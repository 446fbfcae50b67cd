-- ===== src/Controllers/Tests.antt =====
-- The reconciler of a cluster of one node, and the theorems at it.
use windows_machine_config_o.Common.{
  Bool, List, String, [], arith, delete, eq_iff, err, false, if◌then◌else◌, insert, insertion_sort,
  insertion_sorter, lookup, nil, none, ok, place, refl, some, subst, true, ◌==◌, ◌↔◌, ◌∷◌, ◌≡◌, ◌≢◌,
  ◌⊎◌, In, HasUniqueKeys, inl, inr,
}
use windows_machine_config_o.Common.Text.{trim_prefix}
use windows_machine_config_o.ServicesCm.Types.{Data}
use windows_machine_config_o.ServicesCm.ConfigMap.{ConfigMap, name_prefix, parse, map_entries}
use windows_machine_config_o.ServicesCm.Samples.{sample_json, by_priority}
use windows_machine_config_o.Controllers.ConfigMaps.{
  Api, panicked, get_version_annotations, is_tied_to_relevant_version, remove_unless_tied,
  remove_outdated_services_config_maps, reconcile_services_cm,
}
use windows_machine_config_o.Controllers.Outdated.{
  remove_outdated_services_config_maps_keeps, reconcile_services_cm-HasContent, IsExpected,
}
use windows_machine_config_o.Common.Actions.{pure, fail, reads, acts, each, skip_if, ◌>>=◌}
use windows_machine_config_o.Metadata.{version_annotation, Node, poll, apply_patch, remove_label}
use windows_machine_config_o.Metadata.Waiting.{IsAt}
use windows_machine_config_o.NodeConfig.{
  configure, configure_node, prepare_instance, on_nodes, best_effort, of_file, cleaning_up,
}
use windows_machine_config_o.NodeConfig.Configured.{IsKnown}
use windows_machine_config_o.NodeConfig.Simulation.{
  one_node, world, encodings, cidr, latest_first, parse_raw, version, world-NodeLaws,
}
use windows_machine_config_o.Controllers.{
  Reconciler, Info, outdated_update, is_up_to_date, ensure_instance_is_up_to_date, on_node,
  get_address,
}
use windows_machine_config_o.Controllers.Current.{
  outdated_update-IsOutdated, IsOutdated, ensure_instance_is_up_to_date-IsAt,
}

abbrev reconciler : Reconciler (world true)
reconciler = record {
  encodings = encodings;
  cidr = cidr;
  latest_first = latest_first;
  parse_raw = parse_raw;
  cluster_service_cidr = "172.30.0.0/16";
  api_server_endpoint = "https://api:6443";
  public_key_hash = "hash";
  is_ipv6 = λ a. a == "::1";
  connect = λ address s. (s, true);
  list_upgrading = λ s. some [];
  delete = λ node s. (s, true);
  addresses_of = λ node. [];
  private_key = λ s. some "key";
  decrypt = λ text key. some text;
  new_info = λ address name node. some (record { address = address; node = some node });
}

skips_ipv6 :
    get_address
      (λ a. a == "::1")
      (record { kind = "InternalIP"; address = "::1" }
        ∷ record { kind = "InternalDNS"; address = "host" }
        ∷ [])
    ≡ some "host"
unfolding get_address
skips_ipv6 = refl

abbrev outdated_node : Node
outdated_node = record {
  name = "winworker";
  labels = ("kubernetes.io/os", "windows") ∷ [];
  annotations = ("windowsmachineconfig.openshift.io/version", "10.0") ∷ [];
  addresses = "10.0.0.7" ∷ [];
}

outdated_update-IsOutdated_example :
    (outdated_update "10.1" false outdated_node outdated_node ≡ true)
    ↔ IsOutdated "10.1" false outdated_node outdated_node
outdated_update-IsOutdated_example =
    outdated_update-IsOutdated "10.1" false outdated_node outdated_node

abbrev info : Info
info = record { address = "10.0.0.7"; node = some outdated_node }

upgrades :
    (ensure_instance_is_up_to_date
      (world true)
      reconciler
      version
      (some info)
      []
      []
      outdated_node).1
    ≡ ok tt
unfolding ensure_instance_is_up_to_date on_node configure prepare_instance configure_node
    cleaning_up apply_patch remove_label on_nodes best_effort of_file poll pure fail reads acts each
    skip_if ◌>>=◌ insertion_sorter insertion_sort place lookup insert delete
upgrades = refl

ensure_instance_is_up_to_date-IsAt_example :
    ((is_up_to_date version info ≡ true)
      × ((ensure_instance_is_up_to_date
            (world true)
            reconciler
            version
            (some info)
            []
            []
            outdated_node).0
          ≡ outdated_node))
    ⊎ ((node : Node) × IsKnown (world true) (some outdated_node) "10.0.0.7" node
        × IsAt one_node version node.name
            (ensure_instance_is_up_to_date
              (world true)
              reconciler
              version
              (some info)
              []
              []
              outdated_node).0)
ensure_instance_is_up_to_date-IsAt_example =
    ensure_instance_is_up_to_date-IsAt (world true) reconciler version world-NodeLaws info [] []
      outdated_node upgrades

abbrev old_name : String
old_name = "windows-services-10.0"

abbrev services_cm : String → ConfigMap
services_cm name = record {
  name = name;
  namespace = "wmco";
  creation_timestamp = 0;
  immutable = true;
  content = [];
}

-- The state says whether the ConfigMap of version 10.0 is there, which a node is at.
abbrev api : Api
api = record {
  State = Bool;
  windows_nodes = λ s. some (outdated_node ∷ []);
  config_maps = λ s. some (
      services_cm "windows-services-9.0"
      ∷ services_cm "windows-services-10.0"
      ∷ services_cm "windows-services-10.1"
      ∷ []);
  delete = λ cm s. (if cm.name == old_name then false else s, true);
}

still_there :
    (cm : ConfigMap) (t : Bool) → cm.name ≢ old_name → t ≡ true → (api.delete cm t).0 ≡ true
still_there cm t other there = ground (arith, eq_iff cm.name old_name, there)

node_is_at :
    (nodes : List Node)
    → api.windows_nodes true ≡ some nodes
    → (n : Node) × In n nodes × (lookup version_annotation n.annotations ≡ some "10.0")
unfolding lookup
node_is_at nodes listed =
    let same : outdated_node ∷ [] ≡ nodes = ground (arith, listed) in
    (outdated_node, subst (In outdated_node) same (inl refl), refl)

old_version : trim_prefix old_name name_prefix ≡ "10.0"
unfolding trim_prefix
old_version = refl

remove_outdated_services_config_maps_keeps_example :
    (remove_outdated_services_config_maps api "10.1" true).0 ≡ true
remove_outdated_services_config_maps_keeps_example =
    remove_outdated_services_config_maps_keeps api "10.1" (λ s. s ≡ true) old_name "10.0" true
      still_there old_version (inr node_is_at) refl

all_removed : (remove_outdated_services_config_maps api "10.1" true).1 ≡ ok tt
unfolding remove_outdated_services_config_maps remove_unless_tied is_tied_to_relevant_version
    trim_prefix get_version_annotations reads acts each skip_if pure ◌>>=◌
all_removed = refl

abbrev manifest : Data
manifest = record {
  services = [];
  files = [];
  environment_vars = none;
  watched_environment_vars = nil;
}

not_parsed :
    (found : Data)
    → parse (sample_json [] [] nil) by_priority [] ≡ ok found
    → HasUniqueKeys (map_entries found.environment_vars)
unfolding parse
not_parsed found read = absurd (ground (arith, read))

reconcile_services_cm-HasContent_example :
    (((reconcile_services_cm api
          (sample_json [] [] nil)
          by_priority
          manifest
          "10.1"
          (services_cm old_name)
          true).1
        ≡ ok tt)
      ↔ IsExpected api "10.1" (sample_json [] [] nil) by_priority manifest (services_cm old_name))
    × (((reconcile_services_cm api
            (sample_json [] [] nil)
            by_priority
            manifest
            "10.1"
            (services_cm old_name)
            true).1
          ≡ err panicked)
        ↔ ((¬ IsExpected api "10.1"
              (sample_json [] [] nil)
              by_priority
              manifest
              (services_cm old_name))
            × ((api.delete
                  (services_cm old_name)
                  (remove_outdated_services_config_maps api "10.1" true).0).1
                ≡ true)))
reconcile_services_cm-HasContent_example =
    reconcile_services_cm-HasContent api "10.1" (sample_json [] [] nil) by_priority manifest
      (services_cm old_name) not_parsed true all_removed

* ACTIVITY
Reproduce each record shown above without altering a single word.

* SOLUTION FOR THIS EXERCISE
repository 446fbfcae50b67cd
-- ===== src/Controllers/Tests.antt =====
-- The reconciler of a cluster of one node, and the theorems at it.
use windows_machine_config_o.Common.{
  Bool, List, String, [], arith, delete, eq_iff, err, false, if◌then◌else◌, insert, insertion_sort,
  insertion_sorter, lookup, nil, none, ok, place, refl, some, subst, true, ◌==◌, ◌↔◌, ◌∷◌, ◌≡◌, ◌≢◌,
  ◌⊎◌, In, HasUniqueKeys, inl, inr,
}
use windows_machine_config_o.Common.Text.{trim_prefix}
use windows_machine_config_o.ServicesCm.Types.{Data}
use windows_machine_config_o.ServicesCm.ConfigMap.{ConfigMap, name_prefix, parse, map_entries}
use windows_machine_config_o.ServicesCm.Samples.{sample_json, by_priority}
use windows_machine_config_o.Controllers.ConfigMaps.{
  Api, panicked, get_version_annotations, is_tied_to_relevant_version, remove_unless_tied,
  remove_outdated_services_config_maps, reconcile_services_cm,
}
use windows_machine_config_o.Controllers.Outdated.{
  remove_outdated_services_config_maps_keeps, reconcile_services_cm-HasContent, IsExpected,
}
use windows_machine_config_o.Common.Actions.{pure, fail, reads, acts, each, skip_if, ◌>>=◌}
use windows_machine_config_o.Metadata.{version_annotation, Node, poll, apply_patch, remove_label}
use windows_machine_config_o.Metadata.Waiting.{IsAt}
use windows_machine_config_o.NodeConfig.{
  configure, configure_node, prepare_instance, on_nodes, best_effort, of_file, cleaning_up,
}
use windows_machine_config_o.NodeConfig.Configured.{IsKnown}
use windows_machine_config_o.NodeConfig.Simulation.{
  one_node, world, encodings, cidr, latest_first, parse_raw, version, world-NodeLaws,
}
use windows_machine_config_o.Controllers.{
  Reconciler, Info, outdated_update, is_up_to_date, ensure_instance_is_up_to_date, on_node,
  get_address,
}
use windows_machine_config_o.Controllers.Current.{
  outdated_update-IsOutdated, IsOutdated, ensure_instance_is_up_to_date-IsAt,
}

abbrev reconciler : Reconciler (world true)
reconciler = record {
  encodings = encodings;
  cidr = cidr;
  latest_first = latest_first;
  parse_raw = parse_raw;
  cluster_service_cidr = "172.30.0.0/16";
  api_server_endpoint = "https://api:6443";
  public_key_hash = "hash";
  is_ipv6 = λ a. a == "::1";
  connect = λ address s. (s, true);
  list_upgrading = λ s. some [];
  delete = λ node s. (s, true);
  addresses_of = λ node. [];
  private_key = λ s. some "key";
  decrypt = λ text key. some text;
  new_info = λ address name node. some (record { address = address; node = some node });
}

skips_ipv6 :
    get_address
      (λ a. a == "::1")
      (record { kind = "InternalIP"; address = "::1" }
        ∷ record { kind = "InternalDNS"; address = "host" }
        ∷ [])
    ≡ some "host"
unfolding get_address
skips_ipv6 = refl

abbrev outdated_node : Node
outdated_node = record {
  name = "winworker";
  labels = ("kubernetes.io/os", "windows") ∷ [];
  annotations = ("windowsmachineconfig.openshift.io/version", "10.0") ∷ [];
  addresses = "10.0.0.7" ∷ [];
}

outdated_update-IsOutdated_example :
    (outdated_update "10.1" false outdated_node outdated_node ≡ true)
    ↔ IsOutdated "10.1" false outdated_node outdated_node
outdated_update-IsOutdated_example =
    outdated_update-IsOutdated "10.1" false outdated_node outdated_node

abbrev info : Info
info = record { address = "10.0.0.7"; node = some outdated_node }

upgrades :
    (ensure_instance_is_up_to_date
      (world true)
      reconciler
      version
      (some info)
      []
      []
      outdated_node).1
    ≡ ok tt
unfolding ensure_instance_is_up_to_date on_node configure prepare_instance configure_node
    cleaning_up apply_patch remove_label on_nodes best_effort of_file poll pure fail reads acts each
    skip_if ◌>>=◌ insertion_sorter insertion_sort place lookup insert delete
upgrades = refl

ensure_instance_is_up_to_date-IsAt_example :
    ((is_up_to_date version info ≡ true)
      × ((ensure_instance_is_up_to_date
            (world true)
            reconciler
            version
            (some info)
            []
            []
            outdated_node).0
          ≡ outdated_node))
    ⊎ ((node : Node) × IsKnown (world true) (some outdated_node) "10.0.0.7" node
        × IsAt one_node version node.name
            (ensure_instance_is_up_to_date
              (world true)
              reconciler
              version
              (some info)
              []
              []
              outdated_node).0)
ensure_instance_is_up_to_date-IsAt_example =
    ensure_instance_is_up_to_date-IsAt (world true) reconciler version world-NodeLaws info [] []
      outdated_node upgrades

abbrev old_name : String
old_name = "windows-services-10.0"

abbrev services_cm : String → ConfigMap
services_cm name = record {
  name = name;
  namespace = "wmco";
  creation_timestamp = 0;
  immutable = true;
  content = [];
}

-- The state says whether the ConfigMap of version 10.0 is there, which a node is at.
abbrev api : Api
api = record {
  State = Bool;
  windows_nodes = λ s. some (outdated_node ∷ []);
  config_maps = λ s. some (
      services_cm "windows-services-9.0"
      ∷ services_cm "windows-services-10.0"
      ∷ services_cm "windows-services-10.1"
      ∷ []);
  delete = λ cm s. (if cm.name == old_name then false else s, true);
}

still_there :
    (cm : ConfigMap) (t : Bool) → cm.name ≢ old_name → t ≡ true → (api.delete cm t).0 ≡ true
still_there cm t other there = ground (arith, eq_iff cm.name old_name, there)

node_is_at :
    (nodes : List Node)
    → api.windows_nodes true ≡ some nodes
    → (n : Node) × In n nodes × (lookup version_annotation n.annotations ≡ some "10.0")
unfolding lookup
node_is_at nodes listed =
    let same : outdated_node ∷ [] ≡ nodes = ground (arith, listed) in
    (outdated_node, subst (In outdated_node) same (inl refl), refl)

old_version : trim_prefix old_name name_prefix ≡ "10.0"
unfolding trim_prefix
old_version = refl

remove_outdated_services_config_maps_keeps_example :
    (remove_outdated_services_config_maps api "10.1" true).0 ≡ true
remove_outdated_services_config_maps_keeps_example =
    remove_outdated_services_config_maps_keeps api "10.1" (λ s. s ≡ true) old_name "10.0" true
      still_there old_version (inr node_is_at) refl

all_removed : (remove_outdated_services_config_maps api "10.1" true).1 ≡ ok tt
unfolding remove_outdated_services_config_maps remove_unless_tied is_tied_to_relevant_version
    trim_prefix get_version_annotations reads acts each skip_if pure ◌>>=◌
all_removed = refl

abbrev manifest : Data
manifest = record {
  services = [];
  files = [];
  environment_vars = none;
  watched_environment_vars = nil;
}

not_parsed :
    (found : Data)
    → parse (sample_json [] [] nil) by_priority [] ≡ ok found
    → HasUniqueKeys (map_entries found.environment_vars)
unfolding parse
not_parsed found read = absurd (ground (arith, read))

reconcile_services_cm-HasContent_example :
    (((reconcile_services_cm api
          (sample_json [] [] nil)
          by_priority
          manifest
          "10.1"
          (services_cm old_name)
          true).1
        ≡ ok tt)
      ↔ IsExpected api "10.1" (sample_json [] [] nil) by_priority manifest (services_cm old_name))
    × (((reconcile_services_cm api
            (sample_json [] [] nil)
            by_priority
            manifest
            "10.1"
            (services_cm old_name)
            true).1
          ≡ err panicked)
        ↔ ((¬ IsExpected api "10.1"
              (sample_json [] [] nil)
              by_priority
              manifest
              (services_cm old_name))
            × ((api.delete
                  (services_cm old_name)
                  (remove_outdated_services_config_maps api "10.1" true).0).1
                ≡ true)))
reconcile_services_cm-HasContent_example =
    reconcile_services_cm-HasContent api "10.1" (sample_json [] [] nil) by_priority manifest
      (services_cm old_name) not_parsed true all_removed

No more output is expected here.